Every line containing the word "windows" must be pulled from the records.

Raw data →
= Beginning of Section =

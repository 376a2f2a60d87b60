-- ===== src/Service/Server/Request/Kept.antt =====
-- Conditions on the daemon that every request and every connection keeps, when the supervisor does.
use sc_helper.Prelude.{
  ℕ, ◌≡◌, refl, Bool, true, false, not, codes, Option, none, some, List, Text, Option-cases, inl,
  inr,
}
use sc_helper.Prelude.Program.{Result, after, pure, IsSettled}
use sc_helper.Prelude.Keeps.{Keeps, Keeps-bind, Keeps-pure, Keeps-catch, Keeps-if}
use sc_helper.Ipc.{
  Command, ping, start_mihomo, stop_mihomo, set_dns, clear_dns, get_version, shutdown, Request,
  Response, shutting_down, error, bad_hmac,
}
use sc_helper.Ipc.Fresh.{now_nanos}
use sc_helper.Ipc.Hmac.{verify_hmac}
use sc_helper.Service.Os.{
  Target, macos, linux, windows, Trace, Output, read_clock, ran, Env, IsLawfulOs,
}
use sc_helper.Service.State.{Daemon, Sender, sender, log}
use sc_helper.Service.Core.{start, stop}
use sc_helper.Service.Core.Stopping.{stop_total}
use sc_helper.Service.Core.Total.{start_total}
use sc_helper.Service.Dns.Macos.Laws.{set_dns-Keeps, clear_dns-Keeps}
use sc_helper.Service.Server.Request.{
  Build, ipc_secret, start_response, set_dns_on, clear_dns_on, fire, dispatch, timestamp_fresh,
  answer, handle_request,
}

-- What the parts of a request must keep. A path is one that the resolver has given, and the trigger
-- is fired, or found empty.
pub record IsKept (build : Build) (env : Env) (I : Daemon → Type 0) : Type 0 where
  pub read_keeps : (r : Option ℕ) (s : Daemon) → I s → I (log (read_clock r) s)
  pub ran_keeps :
      (s : Daemon) (program : Text) (args : List Text) (r : Result Output)
      → I s
      → I (log (ran program args r) s)
  pub start_keeps :
      (t : Trace) (d f l : Text) (s : Daemon) → I s → I (start env (build.mihomo_path t) d f l s).1
  pub stop_keeps : (s : Daemon) → I s → I (stop env build.target s).1
  pub fired : (s : Daemon) → I s → I (record s { trigger = none; shutdown_sent = true })
  pub found_empty : (s : Daemon) → s.trigger ≡ none → I s → I (record s { trigger = none })

module _ (build : Build) (env : Env) (L : IsLawfulOs env) {I : Daemon → Type 0}
    (K : IsKept build env I) where
  start-Keeps : (t : Trace) (d f l : Text) → Keeps I (start env (build.mihomo_path t) d f l)
  start-Keeps t d f l = record {
    apply = λ s h. (start_total env (build.mihomo_path t) d f l s, K.start_keeps t d f l s h);
  }

  stop-Keeps : Keeps I (stop env build.target)
  stop-Keeps = record { apply = λ s h. (stop_total env L build.target s, K.stop_keeps s h) }

  set_dns_on-Keeps :
      (target : Target) (servers : List Text) → Keeps I (set_dns_on build env target servers)
  unfolding set_dns_on
  set_dns_on-Keeps macos servers =
      Keeps-bind (Keeps-catch (set_dns-Keeps env build.lib.debug I K.ran_keeps servers))
        λ r. Keeps-pure _
  set_dns_on-Keeps linux servers = Keeps-pure _
  set_dns_on-Keeps windows servers = Keeps-pure _

  clear_dns_on-Keeps : (target : Target) → Keeps I (clear_dns_on build env target)
  unfolding clear_dns_on
  clear_dns_on-Keeps macos =
      Keeps-bind (Keeps-catch (clear_dns-Keeps env build.lib.debug I K.ran_keeps)) λ r. Keeps-pure _
  clear_dns_on-Keeps linux = Keeps-pure _
  clear_dns_on-Keeps windows = Keeps-pure _

  fire_keeps :
      (t : Option Sender) (s : Daemon)
      → s.trigger ≡ t
      → I s
      → I (after (fire t s) (λ _. pure shutting_down)).1
  unfolding fire
  fire_keeps none s e h = K.found_empty s e h
  fire_keeps (some sender) s e h = K.fired s h

  fire_settles :
      (t : Option Sender) (s : Daemon) → IsSettled (after (fire t s) (λ _. pure shutting_down)).0
  unfolding fire
  fire_settles none s = tt
  fire_settles (some sender) s = tt

  dispatch-Keeps : (c : Command) → Keeps I (dispatch build env c)
  unfolding dispatch
  dispatch-Keeps ping = Keeps-pure _
  dispatch-Keeps get_version = Keeps-pure _
  dispatch-Keeps (start_mihomo d f l) = record {
    apply = λ s.
        (Keeps-bind (Keeps-catch (start-Keeps s.trace d f l))
            λ r. Keeps-pure (start_response r)).apply
          s;
  }
  dispatch-Keeps stop_mihomo = Keeps-bind (Keeps-catch stop-Keeps) λ r. Keeps-pure _
  dispatch-Keeps (set_dns servers) = set_dns_on-Keeps build.target servers
  dispatch-Keeps clear_dns = clear_dns_on-Keeps build.target
  dispatch-Keeps shutdown = record {
    apply = λ s h. (fire_settles s.trigger s, fire_keeps s.trigger s refl h);
  }

  abbrev mismatch : Response
  mismatch = error bad_hmac (codes "HMAC mismatch — helper / GUI version skew?")

  answer_keeps : (r : Request) (fresh : Bool) (s : Daemon) → I s → I (answer build env r fresh s).1
  unfolding answer
  answer_keeps r false s h = h
  answer_keeps r true s h =
      let keeps =
        Keeps-if (not (verify_hmac build.lib ipc_secret r)) (Keeps-pure mismatch)
          (dispatch-Keeps r.command) in
      (keeps.apply s h).1

  -- Every request, answered or refused, keeps the condition.
  pub handle_request_keeps : (r : Request) (s : Daemon) → I s → I (handle_request build env r s).1
  unfolding handle_request timestamp_fresh now_nanos
  handle_request_keeps r s h = elim (Option-cases (env.clock s.trace)) [
    | inl e ↦ rw e (K.read_keeps none s h)
    | inr (n, e) ↦ rw e (answer_keeps r _ (log (read_clock (some n)) s) (K.read_keeps (some n) s h))
  ]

= End of Section =

Solution for this task →
  Target, macos, linux, windows, Trace, Output, read_clock, ran, Env, IsLawfulOs,
  set_dns_on-Keeps windows servers = Keeps-pure _
  clear_dns_on-Keeps windows = Keeps-pure _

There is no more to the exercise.